②豚はブタ、ブタの子の意。金匱要略の奔㹠気病篇の㹠もブタの意。そけで『入門』一七五頁に「血管壁が不随意に痙攣的に収縮し、それが下腹部の血管から胸部のそれに波及するとき、恰も豚が腹中を奔走するが如く感ずるのをいう」とある。中医名詞術語選釈三六八頁でもそういう解釈をしている。
③『集成』では「奔は憤と古字通用す」として賁も憤もいきどおる意であるから、憤豚はいきどおったブタと読むべきであるという。そして清の王子接の古方選注から次の文を引用している。「蓋し豚は猪の小なる者。其の性は善く嗔(怒る)、故に憤豚の称あり。而して魚中の鯸鮐(フグ)も亦復善く嗔するの物、故に又これを河豚と称す。卞子曰く、豬の性は卑しくして率(あわてる)と。寧波府志に曰く、河豚は物に触るれば輙(たやすく)嗔し、腹脹れて鞠の如く、水上に浮ぶ。一に嗔魚と名づくと。見るべし。奔豚は病名なり。気小腹より上って心胸を衝くこと憤豚の若く然り。故に以って名と為す」と。
 しかし②と③の説には賛成できない。
 いずれにしても気が上衝を起そうとしているのだから鎮静剤を与えるべきであり、第八条でのべたように桂枝甘草湯と同じ性格の処方である本方を用いることになる。


茯苓半斤、桂枝三両去皮、甘草二両炙、大棗十五枚劈。  右四味、以甘爛水一斗、先煮茯苓、減二升、内諸薬、煮取三升、去滓、温服一升。

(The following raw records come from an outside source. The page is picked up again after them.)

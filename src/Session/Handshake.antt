-- ===== src/Session/Handshake.antt =====
-- How two sessions of libcrocofix/session.cpp log on to each other.
pub mod Logons
pub mod Arrivals
pub mod Contents
pub mod Probes
mod Rounds
mod Examples
use crocofix.Base.{
  ℕ, ◌+◌, ◌%◌, ◌≤◌, ◌≡◌, ◌≢◌, refl, sym, ap, subst, ◌∙◌, false, true, none, some, [], ◌∷◌, arith,
  ◌==◌,
}
use crocofix.Base.Bytes.{Bytes, to_string, int_max, u32_mod}
use crocofix.Base.Exec.{Result, ok}
use crocofix.Tags
use crocofix.Field.{Fields, field, try_get}
use crocofix.Message.{Message, message, msg_seq_num, poss_dup_flag, stoi_u32}
use crocofix.Session.State.{
  Session, Env, connected, logging_on, logged_on, initiator, acceptor, is_acceptor, Behaviour,
}
use crocofix.Session.Replies.{open_session, test_request_due}
use crocofix.Session.Handler.{process_message}
use crocofix.Session.Numbers.{sent_out}
use crocofix.Session.Recovery.{newest_written}
use crocofix.Session.Recovery.Stamps.{written_messages, Arrives, Unstamped, stoi_u32-to_string}
use crocofix.Session.Recovery.Request.{after_send}
use crocofix.Session.Recovery.Filled.{probe_fields, probing}
use crocofix.Session.Handshake.Logons.{
  logon_fields, opened, received, next, scheduled, IsLogon, initiator-opened, acceptor-opened,
  acceptor-answers, initiator-takes,
}
use crocofix.Session.Handshake.Arrivals.{
  arrived-field, arrived-number, arrived-original, arrived-reset,
}
use crocofix.Session.Handshake.Probes.{
  heartbeat_fields, timer_cleared, probed, due-probed, probe-answered, On, heartbeat-On,
}
pub use crocofix.Session.Handshake.Rounds.{CanPair, ArePaired}
use crocofix.Session.Handshake.Rounds.{
  a1, b2, a2, a3, b3, b4, a5, a_opens, b_opens, b_answers, a_takes, b_answers_probe, a_completes,
  a_answers_probe, b_completes,
}

abbrev state_of : Result (Unit {0}) × Session → Session
state_of r = r.1

-- What a session handed over last arrives.
abbrev Sent : Message → Session → Type 0
Sent m s = Arrives (newest_written s) m

-- The two sessions between the messages: each opens, the acceptor answers the Logon, the initiator takes the
-- answer, then the timer of each sends a TestRequest, the initiator's first.
module _ (env_a env_b : Env) (a b : Session)
    (logon reply probe_a beat_b probe_b beat_a : Message) where
  abbrev pub opened_a : Session
  opened_a = (open_session env_a a).1

  abbrev pub opened_b : Session
  opened_b = (open_session env_b b).1

  abbrev pub answered_b : Session
  answered_b = (process_message env_b logon opened_b).1

  abbrev pub taken_a : Session
  taken_a = (process_message env_a reply opened_a).1

  abbrev pub probing_a : Session
  probing_a = (test_request_due env_a taken_a).1

  abbrev pub beating_b : Session
  beating_b = (process_message env_b probe_a answered_b).1

  abbrev pub on_a : Session
  on_a = (process_message env_a beat_b probing_a).1

  abbrev pub probing_b : Session
  probing_b = (test_request_due env_b beating_b).1

  abbrev pub beating_a : Session
  beating_a = (process_message env_a probe_b on_a).1

  abbrev pub on_b : Session
  on_b = (process_message env_b beat_a probing_b).1

  -- An initiator and an acceptor, newly connected, log on to each other: once the Logons, the two TestRequests
  -- and the Heartbeats that answer them have arrived as they were sent, both are logged on, and each
  -- expects the number that the other one uses next. This is where neither uses NextExpectedMsgSeqNum,
  -- both delay their TestRequest, each expected the other's number from the start, and the numbers and
  -- the heartbeat interval fit an `int`. A message is followed from `process_message` on,
  -- where `on_message_read` has checked it, and is handled as the MsgType says that it arrives with.
  pub logons-ArePaired :
      CanPair a b
      → Arrives (newest_written opened_a) logon
      → Arrives (newest_written answered_b) reply
      → Arrives (newest_written probing_a) probe_a
      → Arrives (newest_written beating_b) beat_b
      → Arrives (newest_written probing_b) probe_b
      → Arrives (newest_written beating_a) beat_a
      → ArePaired beating_a on_b
  logons-ArePaired c x y z u v w =
      let e1 : opened_a ≡ a1 env_a env_b a b c = ap state_of (a_opens env_a env_b a b c) in
      let f1 : opened_b ≡ opened b = ap state_of (b_opens env_a env_b a b c) in
      let f2 : answered_b ≡ b2 env_a env_b a b c =
        ap (λ (s : Session). (process_message env_b logon s).1) f1
        ∙ ap state_of (b_answers env_a env_b a b c logon (subst (Sent logon) e1 x)) in
      let e2 : taken_a ≡ a2 env_a env_b a b c =
        ap (λ (s : Session). (process_message env_a reply s).1) e1
        ∙ ap state_of (a_takes env_a env_b a b c reply (subst (Sent reply) f2 y)) in
      let e3 : probing_a ≡ a3 env_a env_b a b c =
        ap (λ (s : Session). (test_request_due env_a s).1) e2
        ∙ ap state_of (due-probed env_a (a2 env_a env_b a b c)) in
      let f3 : beating_b ≡ b3 env_a env_b a b c =
        ap (λ (s : Session). (process_message env_b probe_a s).1) f2
        ∙ ap state_of (b_answers_probe env_a env_b a b c probe_a (subst (Sent probe_a) e3 z)) in
      let o = a_completes env_a env_b a b c beat_b (subst (Sent beat_b) f3 u) in
      let a4 : Session = (process_message env_a beat_b (a3 env_a env_b a b c)).1 in
      let e4 : on_a ≡ a4 = ap (λ (s : Session). (process_message env_a beat_b s).1) e3 in
      let f4 : probing_b ≡ b4 env_a env_b a b c =
        ap (λ (s : Session). (test_request_due env_b s).1) f3
        ∙ ap state_of (due-probed env_b (b3 env_a env_b a b c)) in
      let e5 : beating_a ≡ a5 env_a env_b a b c a4 o =
        ap (λ (s : Session). (process_message env_a probe_b s).1) e4
        ∙ ap state_of
            (a_answers_probe env_a env_b a b c a4 o probe_b (subst (Sent probe_b) f4 v)) in
      let f5 = ap (λ (s : Session). (process_message env_b beat_a s).1) f4 in
      subst (λ (s : Session). ArePaired s on_b) (sym e5)
        (subst (λ (s : Session). ArePaired (a5 env_a env_b a b c a4 o) s) (sym f5)
          (b_completes env_a env_b a b c a4 o beat_a (subst (Sent beat_a) e5 w)))
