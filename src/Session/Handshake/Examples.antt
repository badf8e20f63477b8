-- ===== src/Session/Handshake/Examples.antt =====
-- Two new sessions, one of them made an acceptor.
use crocofix.Base.{refl, arith}
use crocofix.Message.{Message}
use crocofix.Session.State.{Session, acceptor, session}
use crocofix.Session.Examples.{env}
use crocofix.Session.Recovery.{newest_written}
use crocofix.Session.Recovery.Stamps.{Arrives}
use crocofix.Session.Handshake.{
  CanPair, ArePaired, opened_a, answered_b, probing_a, beating_b, probing_b, beating_a, on_b,
  logons-ArePaired,
}

abbrev a : Session
a = session

abbrev b : Session
b = record session { options = record (session.options) { logon_behaviour = acceptor } }

can_pair : CanPair a b
unfolding session
can_pair = record {
  connected_a = refl;
  connected_b = refl;
  initiator_a = refl;
  acceptor_b = refl;
  plain_a = refl;
  plain_b = refl;
  delayed_a = refl;
  delayed_b = refl;
  expects_a = refl;
  expects_b = refl;
  small_a = omega arith;
  small_b = omega arith;
  small_interval = omega arith;
}

abbrev empty : Message
empty = newest_written a

abbrev logon : Message
logon = newest_written (opened_a env env a b empty empty empty empty empty empty)

abbrev reply : Message
reply = newest_written (answered_b env env a b logon empty empty empty empty empty)

abbrev probe_a : Message
probe_a = newest_written (probing_a env env a b logon reply empty empty empty empty)

abbrev beat_b : Message
beat_b = newest_written (beating_b env env a b logon reply probe_a empty empty empty)

abbrev probe_b : Message
probe_b = newest_written (probing_b env env a b logon reply probe_a beat_b empty empty)

abbrev beat_a : Message
beat_a = newest_written (beating_a env env a b logon reply probe_a beat_b probe_b empty)

as_sent : (m : Message) → Arrives m m
as_sent m = record { found = λ t h k. refl }

logons-ArePaired_example :
    ArePaired
      (beating_a env env a b logon reply probe_a beat_b probe_b beat_a)
      (on_b env env a b logon reply probe_a beat_b probe_b beat_a)
logons-ArePaired_example =
    logons-ArePaired env env a b logon reply probe_a beat_b probe_b beat_a can_pair (as_sent logon)
      (as_sent reply) (as_sent probe_a) (as_sent beat_b) (as_sent probe_b) (as_sent beat_a)
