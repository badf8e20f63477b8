-- ===== src/Session/Recovery/Reset.antt =====
-- A SequenceReset in Reset mode, and the message behind it.
use crocofix.Base.{ℕ, ◌<◌, ◌≡◌, refl, ap, ◌∙◌, false, some, ◌∷◌, ◌++◌, arith, leb}
use crocofix.Base.Bytes.{Bytes, text, bytes_eq, to_string}
use crocofix.Base.Exec.{Result, ok, ◌>>=◌}
use crocofix.Tags
use crocofix.Field.{Field, try_get}
use crocofix.Message.{Message, msg_type, msg_seq_num, poss_dup_flag, gap_fill_flag, stoi_u32}
use crocofix.Session.State.{Session, Env, resending, is_state, information, emit, set_resent}
use crocofix.Session.Process.{
  finish_resend, process_reset, check_new_seq_no, use_new_seq_no, process_sequence_reset,
}
use crocofix.Session.Handler.{process_typed, process_message}
use crocofix.Session.Delivery.{IsApplication}
use crocofix.Session.Recovery.Rounds.{ahead-requested}
use crocofix.Session.Recovery.Request.{requested}
use crocofix.Session.Handshake.Arrivals.{process_message-typed}

-- A SequenceReset to a number, in Reset mode.
pub record Resets (to : ℕ) (m : Message) : Type 0 where
  pub typed : msg_type m ≡ ok Tags.sequence_reset
  pub original : poss_dup_flag m ≡ ok false
  pub no_gap_fill : gap_fill_flag m ≡ ok false
  pub value : Field
  pub found : try_get Tags.new_seq_no m.fields ≡ some value
  pub read : stoi_u32 value.value ≡ ok to

-- What the session notes of it: the number, but not as the one that it expects.
abbrev pub was_reset : ℕ → Session → Session
was_reset n s = record s {
  incoming_resent_msg_seq_num = n;
  events =
      information (text "SeqenceReset (Reset) received, NewSeqNo = " ++ to_string n) ∷ s.events;
}

module _ (env : Env) (n : ℕ) (s : Session) (idle : is_state s.state resending ≡ false)
    (ahead : s.incoming_msg_seq_num < n) where
  reset-noted :
      (m : Message)
      → Resets n m
      → process_typed env m Tags.sequence_reset s ≡ (ok tt, was_reset n s)
  unfolding process_typed process_sequence_reset use_new_seq_no check_new_seq_no process_reset
      finish_resend set_resent emit bytes_eq ◌>>=◌
  reset-noted m r =
      let above : leb n s.incoming_msg_seq_num ≡ false = ground (arith, ahead) in
      simp (r.original, r.found, r.no_gap_fill, r.read, above, idle) refl

  -- Outside of a resend a SequenceReset in Reset mode to a number past the expected one leaves the expected
  -- number as it was: the application message that the peer numbers with NewSeqNo next is taken to be ahead
  -- of a gap, and the session asks the peer to resend from the old expected number up to it.
  pub reset-requested :
      (reset next : Message) (t : Bytes)
      → Resets n reset
      → IsApplication t
      → msg_type next ≡ ok t
      → poss_dup_flag next ≡ ok false
      → msg_seq_num next ≡ ok n
      → process_message env next (process_message env reset s).1
        ≡ (ok tt, requested env n (was_reset n s))
  reset-requested reset next t r a y p h =
      ap (λ (x : Result (Unit {0}) × Session). process_message env next x.1)
        (process_message-typed env reset Tags.sequence_reset s r.typed ∙ reset-noted reset r)
      ∙ process_message-typed env next t (was_reset n s) y
      ∙ ahead-requested env next t n (was_reset n s) a p h idle ahead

 [訳] 茯苓半斤、桂枝三両皮を去る、甘草二両炙る、大棗十五枚劈く。  右四味甘爛水一斗を以って、先ず茯苓を煮て、二升を減じ、諸薬を内れ、煮て三升を取り、滓を去り、一升を温服する。

 主薬の茯苓は利尿作用を期待して用いられているのではなく、桂枝と配合することによって強い鎮静作用をあらわすのでここでは主薬の位置を占めていると見るべきである。桂枝と甘草の配合は気の上衝を除き、鎮静作用を示す。大棗もまた鎮静剤である。要するに鎮静剤ばかりを配合した処方なのである。

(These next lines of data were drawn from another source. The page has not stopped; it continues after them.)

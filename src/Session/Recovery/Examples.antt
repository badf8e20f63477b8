-- ===== src/Session/Recovery/Examples.antt =====
-- A session that expects the number 3 and receives 7, while the peer's next number is 9.
use crocofix.Base.{◌≡◌, refl, [], ◌∷◌, arith}
use crocofix.Base.Bytes.{codes, to_string}
use crocofix.Base.Exec.{ok}
use crocofix.Tags
use crocofix.Field.{field, try_get, get_bool}
use crocofix.Message.{Message, msg_type, gap_fill_flag, poss_dup_flag}
use crocofix.Session.State.{Session, logged_on, session}
use crocofix.Session.Handler.{process_message}
use crocofix.Session.Examples.{
  env, received, order, expecting, application, order_type, order_number, order_dup,
}
use crocofix.Session.Recovery.Stamps.{Arrives, stoi_u32-to_string}
use crocofix.Session.Recovery.Request.{requested}
use crocofix.Session.Recovery.Reset.{Resets, was_reset, reset-requested}
use crocofix.Session.Recovery.{Lags, newest_written, Recovered, gap-Recovered}

abbrev lagging : Session
lagging = expecting logged_on 3

abbrev peer : Session
peer = record session { outgoing_msg_seq_num = 9 }

abbrev a1 : Session
a1 = (process_message env (order (codes "7")) lagging).1

-- The messages arrive just as they were handed over.
abbrev request : Message
request = newest_written a1

abbrev b1 : Session
b1 = (process_message env request peer).1

abbrev fill : Message
fill = newest_written b1

abbrev a2 : Session
a2 = (process_message env fill a1).1

abbrev probe : Message
probe = newest_written a2

abbrev b2 : Session
b2 = (process_message env probe b1).1

abbrev beat : Message
beat = newest_written b2

as_sent : (m : Message) → Arrives m m
as_sent m = record { found = λ t a b. refl }

lagging-Lags : Lags 7 lagging peer
unfolding session
lagging-Lags = record {
  not_resending = refl;
  by_gap_fill = refl;
  ahead = omega arith;
  used = omega arith;
  in_step = refl;
  delayed = refl;
  small_a = omega arith;
  small_b = omega arith;
}

gap-Recovered_example : Recovered lagging peer a1 b1 a2 b2 (process_message env beat a2).1
gap-Recovered_example =
    gap-Recovered env env lagging peer (order (codes "7")) request fill probe beat (codes "D") 7
      lagging-Lags application order_type order_dup order_number (as_sent request) (as_sent fill)
      (as_sent probe) (as_sent beat)

abbrev reset : Message
reset = received (codes "4") (codes "3") (codes "0") (field Tags.new_seq_no (to_string 7) ∷ [])

reset-Resets : Resets 7 reset
unfolding msg_type poss_dup_flag gap_fill_flag get_bool try_get
reset-Resets = record {
  typed = refl;
  original = refl;
  no_gap_fill = refl;
  value = field Tags.new_seq_no (to_string 7);
  found = refl;
  read = stoi_u32-to_string 7 (omega arith);
}

reset-requested_example :
    process_message env (order (codes "7")) (process_message env reset lagging).1
    ≡ (ok tt, requested env 7 (was_reset 7 lagging))
reset-requested_example =
    reset-requested env 7 lagging refl (omega arith) reset (order (codes "7")) (codes "D")
      reset-Resets application order_type order_dup order_number
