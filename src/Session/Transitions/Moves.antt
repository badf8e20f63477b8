-- ===== src/Session/Transitions/Moves.antt =====
-- The moves of the state machine, and the primitive methods of a session as steps of a walk.
use crocofix.Base.{◌≡◌, refl, Bool, true, false, List, [], ◌∷◌}
use crocofix.Base.Exec.Keeps.{Composes, Does}
use crocofix.Session.State.{
  Session, Event, SessionState, disconnected, connected, logging_on, resending, logged_on,
  resetting, is_state, state_changed, emit, set_state,
}
use crocofix.Session.Steps.{is_change}

-- What follows what: a session recovers, resets and disconnects from everywhere.
pub data Move : SessionState → SessionState → Type 0 where
  begins : Move connected logging_on
  completes : Move logging_on logged_on
  completes_reset : Move resetting logged_on
  completes_resend : Move resending logged_on
  leaves : Move logged_on connected
  recovers : {a : SessionState} → Move a resending
  resets : {a : SessionState} → Move a resetting
  drops : {a : SessionState} → Move a disconnected

-- The changes among the events, the newest first, are moves from `connected` to this state.
unfoldable pub IsWalk : List Event → SessionState → Type 0
IsWalk [] x = x ≡ connected
IsWalk (state_changed a b ∷ es) x = (b ≡ x) × (is_state a b ≡ false) × Move a b × IsWalk es a
IsWalk (_ ∷ es) x = IsWalk es x

pub record Walks (s t : Session) : Type 0 where
  pub at : IsWalk s.events s.state → IsWalk t.events t.state

pub Walks-Composes : Composes Walks
Walks-Composes = record {
  stay = λ s. record { at = λ w. w };
  join = λ s t u a b. record { at = λ w. b.at (a.at w) };
}

-- A step that changes neither the events nor the state.
pub same : (s t : Session) → t.events ≡ s.events → t.state ≡ s.state → Walks s t
same s t e f = record { at = λ w. rw (e, f) w }

pub emit-Walks : (e : Event) → is_change e ≡ false → Does Walks (emit e)
unfolding emit IsWalk
emit-Walks e h = record { at = λ s. record { at = by_event e h s } }
  where
    by_event :
        (e : Event)
        → is_change e ≡ false
        → (s : Session) → IsWalk s.events s.state
        → IsWalk (e ∷ s.events) s.state
    by_event (state_changed a b) h s w = cc
    by_event _ h s w = w

-- Entering a state is a move of the machine, or nothing.
pub set_state-Walks : (x : SessionState) (s : Session) → Move s.state x → Walks s (set_state x s).1
unfolding set_state IsWalk
set_state-Walks x s m = record { at = λ w. by_test (is_state s.state x) refl w }
  where
    by_test :
        (b : Bool)
        → is_state s.state x ≡ b
        → IsWalk s.events s.state
        → IsWalk (set_state x s).1.events (set_state x s).1.state
    by_test true e w = rw e w
    by_test false e w = rw e (refl, e, m, w)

 『解説』二三一頁に「臍のあたりで動悸がはげしくなり、何物かが胸に向ってつきあげてくるというところを目標にして、ヒステリー、小児の自家中毒症、神経症などによく用いられる。臍部の動悸が心下部にまでつきあがってきて、一時失神状態となり、あるいは痙攣を起して人事不省となることもあり、動悸が腹痛を伴うこともあり、はげしい時は腹中すべて動悸し、臍下が脹り、むくむくと心下へつきあげ、頭痛、眩暈等の症状を伴い、あるいは気鬱の状となり、肩背強ばり、腰痛を訴えるものもある。これらは苓桂甘棗湯を用いる目標となる」とあるのは、欲作奔豚を通りこしてすでに奔豚になっていることを示しているが、処方構成から納得できることである。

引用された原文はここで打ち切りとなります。